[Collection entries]
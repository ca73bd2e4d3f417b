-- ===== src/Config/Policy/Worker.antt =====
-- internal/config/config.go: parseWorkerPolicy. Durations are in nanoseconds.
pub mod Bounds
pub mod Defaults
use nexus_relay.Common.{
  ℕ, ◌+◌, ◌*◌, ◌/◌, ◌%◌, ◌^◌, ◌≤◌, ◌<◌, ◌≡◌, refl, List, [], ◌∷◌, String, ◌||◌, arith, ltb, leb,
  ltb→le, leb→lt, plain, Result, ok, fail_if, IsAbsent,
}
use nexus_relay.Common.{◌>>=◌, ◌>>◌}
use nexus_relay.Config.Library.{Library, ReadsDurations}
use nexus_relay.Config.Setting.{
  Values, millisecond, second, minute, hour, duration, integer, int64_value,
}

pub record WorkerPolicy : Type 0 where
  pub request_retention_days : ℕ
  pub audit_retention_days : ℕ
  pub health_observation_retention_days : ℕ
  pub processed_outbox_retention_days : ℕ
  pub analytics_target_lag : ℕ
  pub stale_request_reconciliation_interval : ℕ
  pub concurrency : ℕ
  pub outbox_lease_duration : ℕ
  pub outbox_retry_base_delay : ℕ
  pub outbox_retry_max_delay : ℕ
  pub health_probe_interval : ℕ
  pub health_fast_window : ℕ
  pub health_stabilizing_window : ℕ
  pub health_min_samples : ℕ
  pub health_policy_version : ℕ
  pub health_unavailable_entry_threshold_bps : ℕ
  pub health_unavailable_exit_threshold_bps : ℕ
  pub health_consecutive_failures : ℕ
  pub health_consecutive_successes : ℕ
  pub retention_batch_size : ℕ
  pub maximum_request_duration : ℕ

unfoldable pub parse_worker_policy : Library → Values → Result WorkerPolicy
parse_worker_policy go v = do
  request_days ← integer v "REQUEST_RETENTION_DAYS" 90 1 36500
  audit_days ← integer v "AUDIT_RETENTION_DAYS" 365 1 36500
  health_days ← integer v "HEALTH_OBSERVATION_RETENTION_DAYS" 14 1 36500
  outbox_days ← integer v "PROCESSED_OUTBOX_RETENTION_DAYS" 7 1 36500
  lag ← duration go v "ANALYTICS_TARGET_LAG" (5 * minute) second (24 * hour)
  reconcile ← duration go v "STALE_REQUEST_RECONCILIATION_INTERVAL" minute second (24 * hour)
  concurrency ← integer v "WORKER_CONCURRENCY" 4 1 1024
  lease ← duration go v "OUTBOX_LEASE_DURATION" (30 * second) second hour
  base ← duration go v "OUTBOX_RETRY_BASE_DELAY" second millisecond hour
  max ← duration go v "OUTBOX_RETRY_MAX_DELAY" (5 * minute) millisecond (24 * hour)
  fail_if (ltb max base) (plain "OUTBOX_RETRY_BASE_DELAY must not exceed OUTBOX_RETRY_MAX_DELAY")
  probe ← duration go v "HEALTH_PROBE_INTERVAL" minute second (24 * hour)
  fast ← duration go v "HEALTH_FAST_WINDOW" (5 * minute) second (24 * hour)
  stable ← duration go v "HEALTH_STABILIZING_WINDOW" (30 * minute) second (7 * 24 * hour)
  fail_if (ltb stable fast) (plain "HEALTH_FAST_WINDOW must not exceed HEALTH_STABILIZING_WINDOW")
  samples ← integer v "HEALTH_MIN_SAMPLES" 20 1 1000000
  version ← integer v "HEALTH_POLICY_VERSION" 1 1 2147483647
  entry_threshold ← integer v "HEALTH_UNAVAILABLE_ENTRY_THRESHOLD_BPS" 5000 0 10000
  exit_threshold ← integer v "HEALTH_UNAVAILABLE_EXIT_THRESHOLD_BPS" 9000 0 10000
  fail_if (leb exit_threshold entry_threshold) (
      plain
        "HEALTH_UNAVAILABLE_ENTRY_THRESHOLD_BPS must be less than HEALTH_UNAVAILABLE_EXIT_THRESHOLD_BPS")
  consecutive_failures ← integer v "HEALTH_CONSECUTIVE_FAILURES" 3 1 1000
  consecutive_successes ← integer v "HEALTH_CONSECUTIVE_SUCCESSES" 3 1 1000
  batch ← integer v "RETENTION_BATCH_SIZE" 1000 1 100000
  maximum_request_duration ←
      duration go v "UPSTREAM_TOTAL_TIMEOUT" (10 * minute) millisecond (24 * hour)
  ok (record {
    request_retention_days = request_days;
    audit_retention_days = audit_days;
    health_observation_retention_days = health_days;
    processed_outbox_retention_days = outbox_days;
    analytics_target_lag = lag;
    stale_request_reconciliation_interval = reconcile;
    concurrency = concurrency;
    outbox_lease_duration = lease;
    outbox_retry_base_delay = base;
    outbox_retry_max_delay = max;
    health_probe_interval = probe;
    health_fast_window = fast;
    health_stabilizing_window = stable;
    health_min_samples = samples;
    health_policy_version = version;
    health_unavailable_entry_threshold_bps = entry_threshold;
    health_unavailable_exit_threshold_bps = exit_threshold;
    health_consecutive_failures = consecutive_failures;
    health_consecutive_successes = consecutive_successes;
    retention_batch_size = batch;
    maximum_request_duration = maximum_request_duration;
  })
---
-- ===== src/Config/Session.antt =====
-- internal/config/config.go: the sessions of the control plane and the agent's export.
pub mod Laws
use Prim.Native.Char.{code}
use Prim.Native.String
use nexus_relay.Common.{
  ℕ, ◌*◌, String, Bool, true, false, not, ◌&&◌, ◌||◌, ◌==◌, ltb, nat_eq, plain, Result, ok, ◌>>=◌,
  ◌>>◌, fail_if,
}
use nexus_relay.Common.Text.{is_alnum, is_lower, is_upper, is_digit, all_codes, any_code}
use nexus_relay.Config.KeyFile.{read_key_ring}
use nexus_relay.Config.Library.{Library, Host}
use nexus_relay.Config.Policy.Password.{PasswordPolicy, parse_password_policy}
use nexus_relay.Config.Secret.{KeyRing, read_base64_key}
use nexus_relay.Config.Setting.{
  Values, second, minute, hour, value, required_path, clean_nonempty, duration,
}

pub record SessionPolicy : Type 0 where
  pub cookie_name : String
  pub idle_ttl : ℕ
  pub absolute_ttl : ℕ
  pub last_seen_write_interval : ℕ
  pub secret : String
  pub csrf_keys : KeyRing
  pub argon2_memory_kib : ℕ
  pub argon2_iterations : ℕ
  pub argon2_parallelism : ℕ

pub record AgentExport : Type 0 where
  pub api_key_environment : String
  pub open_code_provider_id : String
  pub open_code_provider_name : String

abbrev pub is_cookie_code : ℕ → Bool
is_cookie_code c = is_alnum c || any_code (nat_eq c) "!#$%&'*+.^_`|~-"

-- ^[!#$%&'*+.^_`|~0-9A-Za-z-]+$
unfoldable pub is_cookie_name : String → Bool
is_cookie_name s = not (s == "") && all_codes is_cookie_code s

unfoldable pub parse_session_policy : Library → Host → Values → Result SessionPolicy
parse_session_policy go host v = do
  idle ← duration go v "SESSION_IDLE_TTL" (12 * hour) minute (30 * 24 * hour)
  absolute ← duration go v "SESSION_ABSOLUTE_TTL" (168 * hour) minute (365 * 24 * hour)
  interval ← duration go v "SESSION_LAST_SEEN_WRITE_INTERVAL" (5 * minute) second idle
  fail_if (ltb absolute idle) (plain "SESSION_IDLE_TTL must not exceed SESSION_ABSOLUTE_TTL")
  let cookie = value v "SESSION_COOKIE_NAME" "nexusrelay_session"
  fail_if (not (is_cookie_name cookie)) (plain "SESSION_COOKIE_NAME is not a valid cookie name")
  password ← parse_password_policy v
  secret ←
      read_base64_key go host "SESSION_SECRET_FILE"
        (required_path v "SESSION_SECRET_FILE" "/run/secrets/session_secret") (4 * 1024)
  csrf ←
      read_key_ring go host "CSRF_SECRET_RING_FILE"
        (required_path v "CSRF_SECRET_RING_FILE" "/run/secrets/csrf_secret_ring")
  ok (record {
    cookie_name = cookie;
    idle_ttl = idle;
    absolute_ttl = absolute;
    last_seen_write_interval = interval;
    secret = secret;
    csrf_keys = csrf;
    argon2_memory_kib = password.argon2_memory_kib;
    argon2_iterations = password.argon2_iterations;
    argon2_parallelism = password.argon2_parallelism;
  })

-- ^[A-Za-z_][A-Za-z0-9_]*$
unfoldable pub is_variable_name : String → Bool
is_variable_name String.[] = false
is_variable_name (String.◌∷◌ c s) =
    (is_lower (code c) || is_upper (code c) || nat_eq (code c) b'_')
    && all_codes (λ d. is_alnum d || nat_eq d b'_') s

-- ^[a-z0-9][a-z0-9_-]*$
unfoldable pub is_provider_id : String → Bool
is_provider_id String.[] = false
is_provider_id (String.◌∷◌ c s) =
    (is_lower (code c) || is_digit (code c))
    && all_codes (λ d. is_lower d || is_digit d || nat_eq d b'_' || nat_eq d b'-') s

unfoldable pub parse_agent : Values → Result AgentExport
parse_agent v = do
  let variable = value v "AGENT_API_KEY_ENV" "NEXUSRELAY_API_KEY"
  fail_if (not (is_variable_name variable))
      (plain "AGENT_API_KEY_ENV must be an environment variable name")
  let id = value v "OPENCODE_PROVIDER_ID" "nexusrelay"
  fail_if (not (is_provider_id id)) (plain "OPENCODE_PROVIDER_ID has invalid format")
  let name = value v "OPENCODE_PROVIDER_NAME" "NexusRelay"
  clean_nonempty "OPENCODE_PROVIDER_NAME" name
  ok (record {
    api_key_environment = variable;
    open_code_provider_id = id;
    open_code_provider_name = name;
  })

## TASK DETAILS
Taking the entries above, write out exactly the lines starting with the line containing "argon2_iterations = password.argon2_iterations;" and going on through the line containing "is_variable_name (String.◌∷◌ c", both included, and nothing else.

## RESPONSE AREA
    argon2_iterations = password.argon2_iterations;
    argon2_parallelism = password.argon2_parallelism;
  })

-- ^[A-Za-z_][A-Za-z0-9_]*$
unfoldable pub is_variable_name : String → Bool
is_variable_name String.[] = false
is_variable_name (String.◌∷◌ c s) =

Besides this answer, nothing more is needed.